I have been told that I come across as rude when I meet new people so I always remember that my friends must have looked past that when they first met me. I guess it's also cheaper because I'm not spending money to hang out with friends all the time haha


----------



## DreamyDove (Dec 8, 2009)

More time to do things like read and become smarter,... and create art, music, writings....


----------



## davidigm (Jun 13, 2011)

keyla965 said:


> you wont have to worry about your friend backstabbing you becuse you dont have any friends to begin with.

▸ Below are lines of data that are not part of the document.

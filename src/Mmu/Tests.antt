-- ===== src/Mmu/Tests.antt =====
-- Runs of src/mmu.c from an empty page table, and the conditions of its theorems there.
use ducreu_os.Base.{
  ℕ, ◌+◌, ◌*◌, ◌/◌, ◌%◌, ◌≤◌, ◌≡◌, refl, List, [], ◌∷◌, Option, some, if◌then◌else◌, length, ◌>>=◌,
  arith,
}
use ducreu_os.Mmu.{Tables, mmu_map, mmu_unmap, mmu_translate, not_mapped, map_pages}
use ducreu_os.Mmu.Tree.{mark, IsTree}
use ducreu_os.Mmu.Frame.{same_page, mmu_map_lem, mmu_unmap_lem}
use ducreu_os.Mmu.Range.{WereMapped, mmu_map_multiple_lem}

abbrev empty_tables : Tables
empty_tables = record {
  entries = λ a j. 0;
  pool = 0x2000 ∷ 0x3000 ∷ 0x4000 ∷ 0x5000 ∷ [];
  lock = 1;
}

abbrev only_root : ℕ → ℕ
only_root = mark (λ a. 0) 0x1000 1

empty_tables-IsTree : IsTree empty_tables 0x1000 only_root
empty_tables-IsTree = record {
  top = refl;
  branches = λ a j hj l u h. absurd (ground arith);
  fresh = ground arith;
}

abbrev answers : Tables → List ℕ
answers s =
    mmu_translate s 0x1000 0x80001234
    ∷ mmu_translate s 0x1000 0x80003001
    ∷ mmu_translate s 0x1000 0x80002000
    ∷ length s.pool
    ∷ []

abbrev map_two : Option (List ℕ)
map_two = do
  (r, s) ← mmu_map empty_tables 0x1000 0x80001000 0x90002000 14
  (r', s') ← mmu_map s 0x1000 0x80003000 0x90004000 2
  some (answers s')

map_two_answers : map_two ≡ some (0x90002234 ∷ 0x90004001 ∷ not_mapped ∷ 2 ∷ [])
unfolding mmu_map mmu_translate
map_two_answers = refl

mmu_map_lem_example :
    (s' : Tables) × (place' : ℕ → ℕ) × (mmu_map empty_tables 0x1000 0x80001000 0x90002000 6
      ≡ some (0, s'))
    × IsTree s' 0x1000 place'
    × (s'.lock ≡ 1)
    × (4 ≤ length s'.pool + 2)
    × ((u : ℕ)
        → mmu_translate s' 0x1000 u ≡ (
            if same_page u 0x80001000
            then 0x90002000 / 4096 * 4096 + u % 4096
            else mmu_translate empty_tables 0x1000 u))
mmu_map_lem_example =
    mmu_map_lem empty_tables 0x1000 0x80001000 0x90002000 6 only_root empty_tables-IsTree refl
      (omega arith) (omega arith) (omega arith) refl

mmu_unmap_lem_example :
    (s' : Tables) × (place' : ℕ → ℕ) × (mmu_unmap empty_tables 0x1000 0x80001000 ≡ some (0, s'))
    × IsTree s' 0x1000 place'
    × (s'.lock ≡ 1)
    × ((u : ℕ)
        → mmu_translate s' 0x1000 u
          ≡ (if same_page u 0x80001000 then not_mapped else mmu_translate empty_tables 0x1000 u))
mmu_unmap_lem_example =
    mmu_unmap_lem empty_tables 0x1000 0x80001000 only_root empty_tables-IsTree refl (omega arith)

mmu_map_multiple_lem_example :
    (s' : Tables) × (place' : ℕ → ℕ) × (map_pages 3 0 empty_tables 0x1000 0x80001000 0x90002000
        0x1800 6
      ≡ some s')
    × WereMapped empty_tables 0x1000 0x80001000 0x90002000 0 0x1800 s' place'
mmu_map_multiple_lem_example =
    mmu_map_multiple_lem 2 empty_tables 0x1000 0x80001000 0x90002000 0x1800 6 only_root
      empty_tables-IsTree refl (omega arith) (omega arith) refl refl (omega arith) (omega arith)
      (omega arith) refl
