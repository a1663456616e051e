-- ===== src/Page.antt =====
-- src/page.c: the page allocator. Two bits for each page of the heap, `taken` and `last`, stand in
-- the bytes at the start of the heap; a block of pages ends at its first `last` page.
-- Addresses and sizes are `uint64_t`, page numbers `int`s; `sym_start(heap)` and `sym_end(heap)`
-- are the parameters `start` and `stop`. Console output is not modelled.
pub mod Bitmap
pub mod Search
pub mod WellFormed
pub mod Alloc
pub mod Init
pub mod Free
pub mod RoundTrip
mod Tests
use ducreu_os.Base.{
  ℕ, zero, suc, ◌+◌, ◌-◌, ◌*◌, ◌/◌, ◌%◌, ◌^◌, Option, none, some, true, false, ◌==◌, ◌||◌, leb, ltb,
  if◌then◌else◌,
}
use ducreu_os.Base.Memory.{Mem, store}
use ducreu_os.Base.Bits.{get_bit, or_bit, clear_bit}
use ducreu_os.Utils.Memory.{memset}

abbrev pub page_size : ℕ
page_size = 4096

pub is_taken : Mem → ℕ → ℕ → ℕ
is_taken m begin page_n = get_bit (m (begin + page_n / 4)) (2 * (page_n % 4))

pub clear_taken : Mem → ℕ → ℕ → Mem
clear_taken m begin page_n =
    store m (begin + page_n / 4) (clear_bit (m (begin + page_n / 4)) (2 * (page_n % 4)))

pub set_taken : Mem → ℕ → ℕ → Mem
set_taken m begin page_n =
    store m (begin + page_n / 4) (or_bit (m (begin + page_n / 4)) (2 * (page_n % 4)))

pub is_last : Mem → ℕ → ℕ → ℕ
is_last m begin page_n = get_bit (m (begin + page_n / 4)) (2 * (page_n % 4) + 1)

pub clear_last : Mem → ℕ → ℕ → Mem
clear_last m begin page_n =
    store m (begin + page_n / 4) (clear_bit (m (begin + page_n / 4)) (2 * (page_n % 4) + 1))

pub set_last : Mem → ℕ → ℕ → Mem
set_last m begin page_n =
    store m (begin + page_n / 4) (or_bit (m (begin + page_n / 4)) (2 * (page_n % 4) + 1))

-- `(x + PAGE_SIZE - 1) & (-PAGE_SIZE)`
abbrev pub round_up : ℕ → ℕ
round_up x = (x + page_size - 1) / page_size * page_size

-- `for(j = 0; j < n; j++) set_taken(begin, i+j);`, from page `i` on
pub take_pages : ℕ → Mem → ℕ → ℕ → Mem
take_pages zero m begin i = m
take_pages (suc n) m begin i = take_pages n (set_taken m begin i) begin (i + 1)

-- `page_init`; `none` where the heap has no bookkeeping page, since `set_last` then shifts by a
-- negative amount.
pub page_init : ℕ → ℕ → Mem → Option Mem
unfolding take_pages
page_init start stop m =
    let bytes = (stop - start) / page_size / 4 in
    let pages = round_up bytes / page_size in
    if pages == 0
    then none
    else some (set_last (take_pages pages (memset m start 0 bytes) start 0) start (pages - 1))

-- The inner loop of `page_znalloc`: does a run of `n` free pages start here? The rounds left up to
-- the end of the heap are the first argument; the answer is the number of pages to take.
pub run_from : ℕ → Mem → ℕ → ℕ → ℕ → ℕ → Option ℕ
run_from zero m begin n j consecutive = none
run_from (suc rounds) m begin n j consecutive = elim (is_taken m begin j == 0) [
  | false ↦ none
  | true ↦ elim (leb n (consecutive + 1)) [
    | true ↦ some (consecutive + 1)
    | false ↦ run_from rounds m begin n (j + 1) (consecutive + 1)
  ]
]

-- The outer loop: the first page with such a run and the number of pages. A page that is taken
-- starts no run.
pub find_run : ℕ → Mem → ℕ → ℕ → ℕ → ℕ → Option (ℕ × ℕ)
find_run zero m begin n total i = none
find_run (suc rounds) m begin n total i = elim (is_taken m begin i == 0) [
  | false ↦ find_run rounds m begin n total (i + 1)
  | true ↦ elim (run_from (total - i) m begin n i 0) [
    | some consecutive ↦ some (i, consecutive)
    | none ↦ find_run rounds m begin n total (i + 1)
  ]
]

abbrev pub total_pages : ℕ → ℕ → ℕ
total_pages start stop = (stop - start) / page_size

-- the address of page `i`, as `page_znalloc` computes it
abbrev pub page_address : ℕ → ℕ → ℕ → ℕ
page_address start stop i = start + round_up (total_pages start stop / 4) + page_size * i

-- `page_znalloc`: the address of the zeroed pages, or NULL, and the memory
pub page_znalloc : ℕ → ℕ → Mem → ℕ → (Option ℕ × Mem)
unfolding run_from find_run take_pages
page_znalloc start stop m n =
    let total = total_pages start stop in
    elim (find_run (total / 10) m start n total 0) [
      | none ↦ (none, m)
      | some (i, consecutive) ↦ (
        some (page_address start stop i),
        memset (set_last (take_pages consecutive m start i) start (i + consecutive - 1))
            (page_address start stop i) 0 (page_size * consecutive),
      )
    ]

pub page_zalloc : ℕ → ℕ → Mem → (Option ℕ × Mem)
page_zalloc start stop m = page_znalloc start stop m 1

-- How `page_free` ends. `unknown` stands for a page number outside the `int`s, where the shifts of
-- the bit operations are undefined, and for a loop that has used its fuel.
pub data Freed : Type 0 where
  done : Mem → Freed
  not_in_heap : Freed
  double_free : Mem → Freed
  unknown : Freed

-- the `do … while(1)` of `page_free`, on fuel
pub free_loop : ℕ → Mem → ℕ → ℕ → Freed
free_loop zero m begin location = unknown
free_loop (suc fuel) m begin location = elim (is_taken m begin location == 0) [
  | true ↦ double_free m
  | false ↦ elim (is_last m begin location == 0) [
    | false ↦ done (clear_last (clear_taken m begin location) begin location)
    | true ↦ free_loop fuel (clear_taken m begin location) begin (location + 1)
  ]
]

-- the page before a block that is cut short becomes the last of its own
pub close_previous : Mem → ℕ → ℕ → Mem
close_previous m begin previous =
    if is_taken m begin previous == 0 then m else set_last m begin previous

-- the page number that `page_free` computes from an address
abbrev pub location_of : ℕ → ℕ → ℕ → ℕ
location_of start stop page =
    (page + 2 * 2 ^ 64 - total_pages start stop / 4 - start) % 2 ^ 64 / page_size

-- `page_free` from its range check on; the loop gets a round for each page of the heap.
free_at : ℕ → ℕ → Mem → ℕ → ℕ → Freed
free_at start stop m page location =
    if ltb page start || ltb stop page
    then not_in_heap
    else if location == 0 || leb (2 ^ 31) location
    then unknown
    else free_loop (total_pages start stop + 1) (close_previous m start (location - 1)) start
        location

pub page_free : ℕ → ℕ → Mem → ℕ → Freed
unfolding free_at free_loop close_previous
page_free start stop m page = free_at start stop m page (location_of start stop page)
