-- ===== src/Page/Bitmap.antt =====
-- The two bits of a page in src/page.c: what each write changes, and that it changes nothing else.
use ducreu_os.Base.{
  ℕ, zero, suc, ◌+◌, ◌*◌, ◌/◌, ◌%◌, ◌≡◌, refl, ◌<◌, ◌&&◌, ◌==◌, if◌then◌else◌, arith,
}
use ducreu_os.Base.Memory.{Mem, within}
use ducreu_os.Base.Bits.{get_bit-or_bit, get_bit-clear_bit, get_bit-lt, or_bit-lt, clear_bit-lt}
use ducreu_os.Page.{
  is_taken, is_last, set_taken, clear_taken, set_last, clear_last, take_pages, close_previous,
}

-- every byte of the memory is a byte
abbrev pub IsBytes : Mem → Type 0
IsBytes m = (a : ℕ) → m a < 256

pub set_taken-IsBytes : (m : Mem) (s p : ℕ) → IsBytes m → IsBytes (set_taken m s p)
unfolding set_taken
set_taken-IsBytes m s p bytes a =
    ground (arith, bytes a, or_bit-lt (m (s + p / 4)) (2 * (p % 4)) (bytes (s + p / 4)))

pub clear_taken-IsBytes : (m : Mem) (s p : ℕ) → IsBytes m → IsBytes (clear_taken m s p)
unfolding clear_taken
clear_taken-IsBytes m s p bytes a =
    ground (arith, bytes a, clear_bit-lt (m (s + p / 4)) (2 * (p % 4)) (bytes (s + p / 4)))

pub set_last-IsBytes : (m : Mem) (s p : ℕ) → IsBytes m → IsBytes (set_last m s p)
unfolding set_last
set_last-IsBytes m s p bytes a =
    ground (arith, bytes a, or_bit-lt (m (s + p / 4)) (2 * (p % 4) + 1) (bytes (s + p / 4)))

pub clear_last-IsBytes : (m : Mem) (s p : ℕ) → IsBytes m → IsBytes (clear_last m s p)
unfolding clear_last
clear_last-IsBytes m s p bytes a =
    ground (arith, bytes a, clear_bit-lt (m (s + p / 4)) (2 * (p % 4) + 1) (bytes (s + p / 4)))

module _ (m : Mem) (s p q : ℕ) (bytes : IsBytes m) where
  pub is_taken-set_taken : is_taken (set_taken m s p) s q ≡ (if q == p then 1 else is_taken m s q)
  unfolding is_taken set_taken
  is_taken-set_taken =
      ground (arith, get_bit-or_bit (m (s + q / 4)) (2 * (p % 4)) (2 * (q % 4)) (bytes (s + q / 4)))

  pub is_last-set_taken : is_last (set_taken m s p) s q ≡ is_last m s q
  unfolding is_last set_taken
  is_last-set_taken =
      ground
        (arith, get_bit-or_bit (m (s + q / 4)) (2 * (p % 4)) (2 * (q % 4) + 1) (bytes (s + q / 4)))

  pub is_taken-clear_taken :
      is_taken (clear_taken m s p) s q ≡ (if q == p then 0 else is_taken m s q)
  unfolding is_taken clear_taken
  is_taken-clear_taken =
      ground
        (arith, get_bit-clear_bit (m (s + q / 4)) (2 * (p % 4)) (2 * (q % 4)) (bytes (s + q / 4)))

  pub is_last-clear_taken : is_last (clear_taken m s p) s q ≡ is_last m s q
  unfolding is_last clear_taken
  is_last-clear_taken =
      ground (
        arith,
        get_bit-clear_bit (m (s + q / 4)) (2 * (p % 4)) (2 * (q % 4) + 1) (bytes (s + q / 4)),
      )

  pub is_taken-set_last : is_taken (set_last m s p) s q ≡ is_taken m s q
  unfolding is_taken set_last
  is_taken-set_last =
      ground
        (arith, get_bit-or_bit (m (s + q / 4)) (2 * (p % 4) + 1) (2 * (q % 4)) (bytes (s + q / 4)))

  pub is_last-set_last : is_last (set_last m s p) s q ≡ (if q == p then 1 else is_last m s q)
  unfolding is_last set_last
  is_last-set_last = ground (
    arith,
    get_bit-or_bit (m (s + q / 4)) (2 * (p % 4) + 1) (2 * (q % 4) + 1) (bytes (s + q / 4)),
  )

  pub is_taken-clear_last : is_taken (clear_last m s p) s q ≡ is_taken m s q
  unfolding is_taken clear_last
  is_taken-clear_last =
      ground (
        arith,
        get_bit-clear_bit (m (s + q / 4)) (2 * (p % 4) + 1) (2 * (q % 4)) (bytes (s + q / 4)),
      )

  pub is_last-clear_last : is_last (clear_last m s p) s q ≡ (if q == p then 0 else is_last m s q)
  unfolding is_last clear_last
  is_last-clear_last = ground (
    arith,
    get_bit-clear_bit (m (s + q / 4)) (2 * (p % 4) + 1) (2 * (q % 4) + 1) (bytes (s + q / 4)),
  )

pub is_taken-lt : (m : Mem) (s p : ℕ) → is_taken m s p < 2
unfolding is_taken
is_taken-lt m s p = get_bit-lt _ _

pub is_last-lt : (m : Mem) (s p : ℕ) → is_last m s p < 2
unfolding is_last
is_last-lt m s p = get_bit-lt _ _

-- The loop over the pages of a new block.
pub take_pages-IsBytes : (n : ℕ) (m : Mem) (s i : ℕ) → IsBytes m → IsBytes (take_pages n m s i)
unfolding take_pages
take_pages-IsBytes zero m s i bytes = bytes
take_pages-IsBytes (suc n) m s i bytes =
    take_pages-IsBytes n (set_taken m s i) s (i + 1) (set_taken-IsBytes m s i bytes)

pub is_taken-take_pages :
    (n : ℕ) (m : Mem) (s i q : ℕ)
    → IsBytes m
    → is_taken (take_pages n m s i) s q ≡ (if within i n q then 1 else is_taken m s q)
unfolding take_pages
is_taken-take_pages zero m s i q bytes = ground arith
is_taken-take_pages (suc n) m s i q bytes = ground (
  arith,
  is_taken-set_taken m s i q bytes,
  is_taken-take_pages n (set_taken m s i) s (i + 1) q (set_taken-IsBytes m s i bytes),
)

pub is_last-take_pages :
    (n : ℕ) (m : Mem) (s i q : ℕ) → IsBytes m → is_last (take_pages n m s i) s q ≡ is_last m s q
unfolding take_pages
is_last-take_pages zero m s i q bytes = refl
is_last-take_pages (suc n) m s i q bytes = ground (
  arith,
  is_last-set_taken m s i q bytes,
  is_last-take_pages n (set_taken m s i) s (i + 1) q (set_taken-IsBytes m s i bytes),
)

-- Cutting a block short marks the page before the cut, if that page is taken.
pub close_previous-IsBytes : (m : Mem) (s p : ℕ) → IsBytes m → IsBytes (close_previous m s p)
unfolding close_previous
close_previous-IsBytes m s p bytes a = ground (arith, bytes a, set_last-IsBytes m s p bytes a)

pub is_taken-close_previous :
    (m : Mem) (s p q : ℕ) → IsBytes m → is_taken (close_previous m s p) s q ≡ is_taken m s q
unfolding close_previous
is_taken-close_previous m s p q bytes = ground (arith, is_taken-set_last m s p q bytes)

pub is_last-close_previous :
    (m : Mem) (s p q : ℕ)
    → IsBytes m
    → is_last (close_previous m s p) s q
      ≡ (if q == p && is_taken m s p == 1 then 1 else is_last m s q)
unfolding close_previous
is_last-close_previous m s p q bytes =
    ground (arith, is_last-set_last m s p q bytes, is_taken-lt m s p)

LOL! Awww it was a good joke sportsfan00.
And I agree with Skylaishot, we are very good at thinking!


----------



## dawnbug (Aug 17, 2011)

you listen a lot more than most people 
knowledge is power


----------



## Fantas Eyes (Mar 23, 2011)

We don't get caught up in any drama.


----------



## minimized (Nov 17, 2007)

I can say that it caused me to see the world for what it really is, but how healthy is that?


----------



## Appleseed1 (Mar 15, 2011)

We are great listeners, deep thinkers , mature/wise, and its given me a great sense of humor. Somtimes though I think I come off too sarcastic.


----------



## Perfectionist (Mar 19, 2004)

Don't have to spend any money on going out YEAYUH.


----------



## Godless1 (Aug 1, 2008)

Ummm...
:idea
I have very small, no, make that zero chance to catch an STD.:yay


----------



## DreamyDove (Dec 8, 2009)

We get to go to SA group meetings which *normal* people aren't invited to :troll


----------



## Cole87 (Aug 15, 2011)

Very true Skylaishot.


----------



## Sapphiress (Jun 15, 2010)

DreamyDove said:


> More time to do things like read and become smarter,... and create art, music, writings....


this is a good one... also all the introversion imparts a great deal of wisdom.. or at least is should (though we can get caught up in negativity, but even then there's room for some good old fashioned reality, i.e. realizations)

actually in a way, having social anxiety also imparts a sort of selfishness.. being so concerned with yourself can have its pros but overall being selfish is not a good thing.. maybe we're not directly hurting anyone.. but in ways we are.. and we're depriving the world of us.. and we're so extra wonderful so that makes it an even heavier crime eh :b

welllll.. I've asked this question of people before, but I didn't mean it in an optimistic fashion.. I meant it for them to examine what possibly hidden benefits they are getting from continuing to suffer from anxiety..

just because we're suffering is not a good excuse or a fair trade off..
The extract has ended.